[389-devel] RFC: New Design: Fine Grained ID List Size
Rich Megginson
rmeggins at redhat.com
Thu Sep 12 14:40:26 UTC 2013
On 09/12/2013 07:39 AM, thierry bordaz wrote:
> On 09/10/2013 04:35 PM, Ludwig Krispenz wrote:
>>
>> On 09/10/2013 04:29 PM, Rich Megginson wrote:
>>> On 09/10/2013 01:47 AM, Ludwig Krispenz wrote:
>>>>
>>>> On 09/09/2013 07:19 PM, Rich Megginson wrote:
>>>>> On 09/09/2013 02:27 AM, Ludwig Krispenz wrote:
>>>>>>
>>>>>> On 09/07/2013 05:02 AM, David Boreham wrote:
>>>>>>> On 9/6/2013 8:49 PM, Nathan Kinder wrote:
>>>>>>>> This is a good idea, and it is something that we discussed
>>>>>>>> briefly off-list. The only downside is that we need to change
>>>>>>>> the index format to keep a count of ids for each key.
>>>>>>>> Implementing this isn't a big problem, but it does mean that
>>>>>>>> the existing indexes need to be updated to populate the count
>>>>>>>> based off of the contents (as you mention above).
>>>>>>>
>>>>>>> I don't think you need to do this (I certainly wasn't advocating
>>>>>>> doing so). The "statistics" state is much the same as that
>>>>>>> proposed in Rich's design. In fact you could probably just use
>>>>>>> that same information. My idea is more about where and how you
>>>>>>> use the information. All you need is something associated with
>>>>>>> each index that says "not much point looking here if you're
>>>>>>> after something specific, move along, look somewhere else
>>>>>>> instead". This is much the same information as "don't use a high
>>>>>>> scan limit here".
>>>>>>>
>>>>>>>>
>>>>>>>> In the short term, we are looking for a way to be able to
>>>>>>>> improve performance for specific search filters that are not
>>>>>>>> possible to modify on the client side (for whatever reason)

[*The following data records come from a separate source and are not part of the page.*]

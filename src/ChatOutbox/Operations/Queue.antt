-- ===== src/ChatOutbox/Operations/Queue.antt =====
-- `withStorageLock` of mobile/src/shared/lib/chatOutbox.ts: the operations run one after another, in
-- the order of their calls, also after one that was rejected.
use etkin_link.Base.{
  Bool, true, false, not, List, [], ◌∷◌, ◌++◌, Option, none, some, if◌then◌else◌, keep, map, ◌≡◌,
}
use etkin_link.Int.{ℤ, pos, ◌+ℤ◌}
use etkin_link.Text.{Str, str_eq}
use etkin_link.Effect.{Result, attempt, pure, ◌>>=◌}
use etkin_link.ChatOutbox.Message.{
  OutboxMessage, Device, fit_storage_limit, next_count, at_least, retry_delay_ms, max_attempts,
}
use etkin_link.ChatOutbox.Storage.{Storage, Step, Slots, Rejected}
use etkin_link.ChatOutbox.Operations.Reading.{Recoverable}
use etkin_link.ChatOutbox.Operations.{
  has_id, same_message, marked, enqueue_outbox, remove_from_outbox, purge_owner_unlocked,
  purge_all_unlocked, mark_attempt,
}

-- The calls that change the storage.
pub data Request : Type 0 where
  enqueue : OutboxMessage → Request
  remove_message : Str → Str → Request
  purge_owner : Str → Request
  purge_all : Request
  mark : OutboxMessage → Request

module _ {W : Type 0} (storage : Storage W) (device : Device) where
  -- The operation that a call queues.
  unfoldable pub serve : Request → Step W (Unit {0})
  serve (enqueue message) = enqueue_outbox storage device message
  serve (remove_message owner_id id) = remove_from_outbox storage device owner_id id
  serve (purge_owner owner_id) = purge_owner_unlocked storage device owner_id
  serve purge_all = purge_all_unlocked storage device
  serve (mark message) = mark_attempt storage device message

  unfoldable pub run_queue : List Request → Step W (List (Result Rejected (Unit {0})))
  unfolding serve
  run_queue [] = pure []
  run_queue (r ∷ rs) = do
    outcome ← attempt (serve r)
    outcomes ← run_queue rs
    pure (outcome ∷ outcomes)

module _ (device : Device) (T : ℤ → Type 0) where
  -- A message is dead from its fifth attempt on.
  abbrev pub DeadTime : Bool → Option Str → Type 0
  DeadTime true dead = (now : ℤ) × T now × (dead ≡ some (device.to_iso_string now))
  DeadTime false dead = dead ≡ none

  -- What a request does to the list of messages, at a time of T.
  abbrev pub Applies : Request → List OutboxMessage → List OutboxMessage → Type 0
  Applies (enqueue message) ms new = new ≡ (
      if has_id message.client_message_id ms
      then ms
      else fit_storage_limit device (ms ++ message ∷ []))
  Applies (remove_message owner_id id) ms new =
      new ≡ fit_storage_limit device (keep (λ m. not (same_message owner_id id m)) ms)
  Applies (purge_owner owner_id) ms new =
      new
      ≡ fit_storage_limit device (keep (λ (m : OutboxMessage). not (str_eq m.owner_id owner_id)) ms)
  Applies purge_all ms new = new ≡ []
  Applies (mark message) ms new =
      (dead : Option Str) × (later : ℤ) × DeadTime
        (at_least device (next_count device message.attempt) max_attempts) dead
      × T later
      × (new
          ≡ fit_storage_limit device (
              map
                (marked message (next_count device message.attempt) dead (
                  device.to_iso_string
                    (later +ℤ pos (retry_delay_ms device (next_count device message.attempt)))))
                ms))

-- What a queue of requests does to the list, when the entries are s in the end: if none is rejected,
-- each has its effect, and the messages can be found.
module _ (device : Device) (T : ℤ → Type 0) (s : Slots) where
  pub data Served
      : List OutboxMessage → List Request → List (Result Rejected (Unit {0})) → Type 0 where
    done : (ms : List OutboxMessage) → Recoverable device T ms s → Served ms [] []
    applied :
        {ms new : List OutboxMessage} {r : Request} {rs : List Request}
        {outcomes : List (Result Rejected (Unit {0}))}
        → Applies device T r ms new
        → Served new rs outcomes
        → Served ms (r ∷ rs) (Result.ok tt ∷ outcomes)
    interrupted :
        {ms : List OutboxMessage} {r : Request} {rs : List Request} {e : Rejected}
        {outcomes : List (Result Rejected (Unit {0}))}
        → Served ms (r ∷ rs) (Result.err e ∷ outcomes)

>>>>>>>> while leaving the index file format exactly as it is. I still
>>>>>>>> feel that there is potentially great value in keeping a count
>>>>>>>> of ids per key so we can optimize things on the server side
>>>>>>>> automatically without the need for complex index configuration
>>>>>>>> on the administrator's part. I think we should consider this
>>>>>>>> for an additional future enhancement.
>>>>>>>
>>>>>>> I'm saying the same thing. Keeping a cardinality count per key
>>>>>>> is way more than I'm proposing, and I'm not sure how useful that
>>>>>>> would be anyway, unless you want to do OLAP in the DS ;)
>>>>>> we have the cardinality of the key in old-idl and this makes some
>>>>>> searches where parts of the filter are allids fast.
>>>>>>
>>>>>> I'm late in the discussion, but I think Rich's proposal is very
>>>>>> promising to address all the problems related to allids in new-idl.
>>>>>>
>>>>>> We could then eventually rework filter ordering based on these
>>>>>> configurations. Right now we only have a filter ordering based on
>>>>>> index type and try to postpone "<=" or similar filter as they are
>>>>>> known to be costly, but this could be more elaborate.
>>>>>>
>>>>>> An alternative would be to have some kind of index lookup
>>>>>> caching. In the example in ticket 47474 the filter is
>>>>>> (&(|(objectClass=organizationalPerson)(objectClass=inetOrgPerson)(objectClass=organization)(objectClass=organizationalUnit)(objectClass=groupOf
>>>>>> Names)(objectClass=groupOfUniqueNames)(objectClass=group))(c3sUserID=EndUser0000078458))"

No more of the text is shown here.